Measuring early success¶
How do you know purple teaming is working?
Qualitative indicators¶
Improved communication: Red and blue teams talk regularly, share information, collaborate on priorities.
Learning mindset: Teams view gaps as opportunities rather than failures. Psychological safety enables honest assessment.
Faster improvement: Time between discovering gaps and implementing fixes decreases.
Shared understanding: Teams use common language (MITRE ATT&CK, TTP terminology, etc.) and agree on priorities.
Quantitative indicators¶
Detection coverage: Percentage of tested ATT&CK techniques that generate alerts increases.
Detection speed: Mean time to detect (MTTD) for simulated attacks decreases.
Response effectiveness: Mean time to respond (MTTR) and quality of response improve.
Remediation rate: Findings from exercises get fixed before next exercise. Gap backlog decreases rather than grows.
The difference between activity metrics and behaviour change¶
The metrics above measure activity. They are necessary but not sufficient, and optimising for them without attending to what they represent produces a programme that looks healthy while the underlying capability stagnates.

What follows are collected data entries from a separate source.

-- ===== src/Frames/Valid/Init.antt =====
-- `init_invpt` establishes the well-formed states.
use virtual_memory_xinu_f.Base.{
  ℕ, zero, suc, ◌+◌, ◌-◌, ◌≤◌, ◌<◌, ◌≡◌, refl, true, ◌&&◌, none, some, arith, leb, ltb, [],
  Bool-cases, inl, inr,
}
use virtual_memory_xinu_f.Base.Distinct.{mem, Distinct, mem-cons_cases}
use virtual_memory_xinu_f.Base.Loops.{for_range-update, for_range-set}
use virtual_memory_xinu_f.Frames.{
  Region, e1, region_size, frame0, first_frame, fr_free, FrameTable, fidxtoregion, init_invpt,
  fresh_entry, nframes,
}
use virtual_memory_xinu_f.Frames.Stacks.{slots_from, free_list}
use virtual_memory_xinu_f.Frames.Valid.{IsValid, fidxtoregion-bounds, fidxtoregion-eq}

-- An array that counts upwards.
module _ (a : ℕ → ℕ) (base top : ℕ) (counts : (j : ℕ) → j < top → a j ≡ j + base) where
  mem-counting :
      (n i x : ℕ)
      → i + n ≤ top
      → mem x (slots_from a i n) ≡ true
      → (i + base ≤ x) × (x < i + n + base)
  mem-counting zero i x le m = absurd (cc)
  mem-counting (suc n) i x le m = elim (mem-cons_cases x (a i) (slots_from a (suc i) n) m) [
    | inl e ↦ omega (arith, counts i)
    | inr inside ↦ omega (arith, mem-counting n (suc i) x (omega arith) inside)
  ]

  Distinct-counting : (n i : ℕ) → i + n ≤ top → Distinct (slots_from a i n)
  Distinct-counting zero i le = tt
  Distinct-counting (suc n) i le = (
    elim (Bool-cases (mem (a i) (slots_from a (suc i) n))) [
      | inl m ↦ absurd (omega (arith, counts i, mem-counting n (suc i) (a i) (omega arith) m))
      | inr out ↦ out
    ],
    Distinct-counting n (suc i) (omega arith),
  )

module _ (s : FrameTable) where
  init_slots :
      (r : Region) (j : ℕ) → j < region_size r → ((init_invpt s).stack r).frstack j ≡ j + frame0 r
  unfolding init_invpt
  init_slots r j h =
      rw (for_range-set (λ i. i + frame0 r) (region_size r) 0 (s.stack r).frstack j) (ground arith)

  init_frsp : (r : Region) → ((init_invpt s).stack r).frsp ≡ 0
  unfolding init_invpt
  init_frsp r = refl

  init_head : s.evicthead ≡ none → (init_invpt s).evicthead ≡ none
  unfolding init_invpt
  init_head e = e

  init_tail : s.evicttail ≡ none → (init_invpt s).evicttail ≡ none
  unfolding init_invpt
  init_tail e = e

  init_list :
      (r : Region)
      → free_list (init_invpt s) r ≡ slots_from ((init_invpt s).stack r).frstack 0 (region_size r)
  unfolding init_invpt
  init_list r = let e : region_size r - 0 ≡ region_size r = omega arith in rw e

  in_region :
      (r : Region) (a : ℕ)
      → mem a (slots_from ((init_invpt s).stack r).frstack 0 (region_size r)) ≡ true
      → fidxtoregion a ≡ some r
  in_region r a m =
      let bounds =
        mem-counting ((init_invpt s).stack r).frstack (frame0 r) (region_size r) (init_slots r)
          (region_size r) 0 a (omega arith) m in
      fidxtoregion-eq r a (omega (arith, bounds)) (omega (arith, bounds))

  init_entry :
      (r : Region) (a : ℕ)
      → fidxtoregion a ≡ some r
      → (((init_invpt s).invpt a).fr_state ≡ fr_free) × (((init_invpt s).invpt a).fr_idx ≡ a)
  unfolding init_invpt
  init_entry r a at_r =
      let inside : (leb (0 + first_frame) a && ltb a (0 + first_frame + nframes)) ≡ true =
        ground (arith, fidxtoregion-bounds r a at_r) in
      rw (for_range-update first_frame fresh_entry nframes 0 s.invpt a, inside)
        (refl, omega (arith, fidxtoregion-bounds r a at_r))

  -- `init_invpt`, run with no eviction list, makes every frame of the three regions free and puts
  -- it on the stack of its region; the state is well-formed, with nothing to evict.
  pub init_invpt-IsValid : s.evicthead ≡ none → s.evicttail ≡ none → IsValid (init_invpt s) []
  init_invpt-IsValid no_head no_tail = record {
    bounded = λ r. omega (arith, init_frsp r);
    free_distinct = λ r. rw (init_list r) (
        Distinct-counting ((init_invpt s).stack r).frstack (frame0 r) (region_size r) (init_slots r)
          (region_size r) 0 (omega arith));
    free_frames = λ r a m.
        let at_r = in_region r a (rw (init_list r) at m) in (at_r, (init_entry r a at_r).0);
    used = record {
      head_is = init_head no_head;
      tail_is = init_tail no_tail;
      linked = tt;
      distinct = tt;
    };
    used_frames = λ a m. absurd (cc);
    used_listed = λ a at_e1 u. absurd (cc ((init_entry e1 a at_e1).0));
    indexed = λ r a at_r. (init_entry r a at_r).1;
  }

Detection coverage increasing is not the same as the organisation becoming harder to attack. It may mean the team is getting better at building detections for the techniques that purple team exercises happen to use, while remaining blind to techniques the exercises have not covered. MTTD decreasing is not the same as response improving. It may mean the team is getting faster at closing tickets rather than getting better at investigating what those tickets represent.
The harder question, and the one that activity metrics do not answer, is whether behaviour has changed. Does the blue team now approach an alert differently than it did six months ago? Does the red team communicate its findings in a way that produces action rather than a report? Does the organisation treat a newly discovered gap as information to act on rather than as a problem to manage upward?
Behaviour change is slower to observe than metric change, less satisfying to report, and considerably more predictive of actual security improvement. One useful proxy: look at what happens when an exercise reveals a significant gap. If the organisational response is to assign it to the backlog and continue, the metrics may improve while the underlying capability does not. If the response is to treat it as a genuine priority, the metrics will probably look worse in the short term (as more gaps are surfaced by the now-functioning feedback loop) before they reflect the improvement.
The Satir arc applies here too. A programme that is genuinely improving will go through a period in which the metrics look alarming. That is not failure. It is the chaos phase of an organisation that has started telling itself the truth.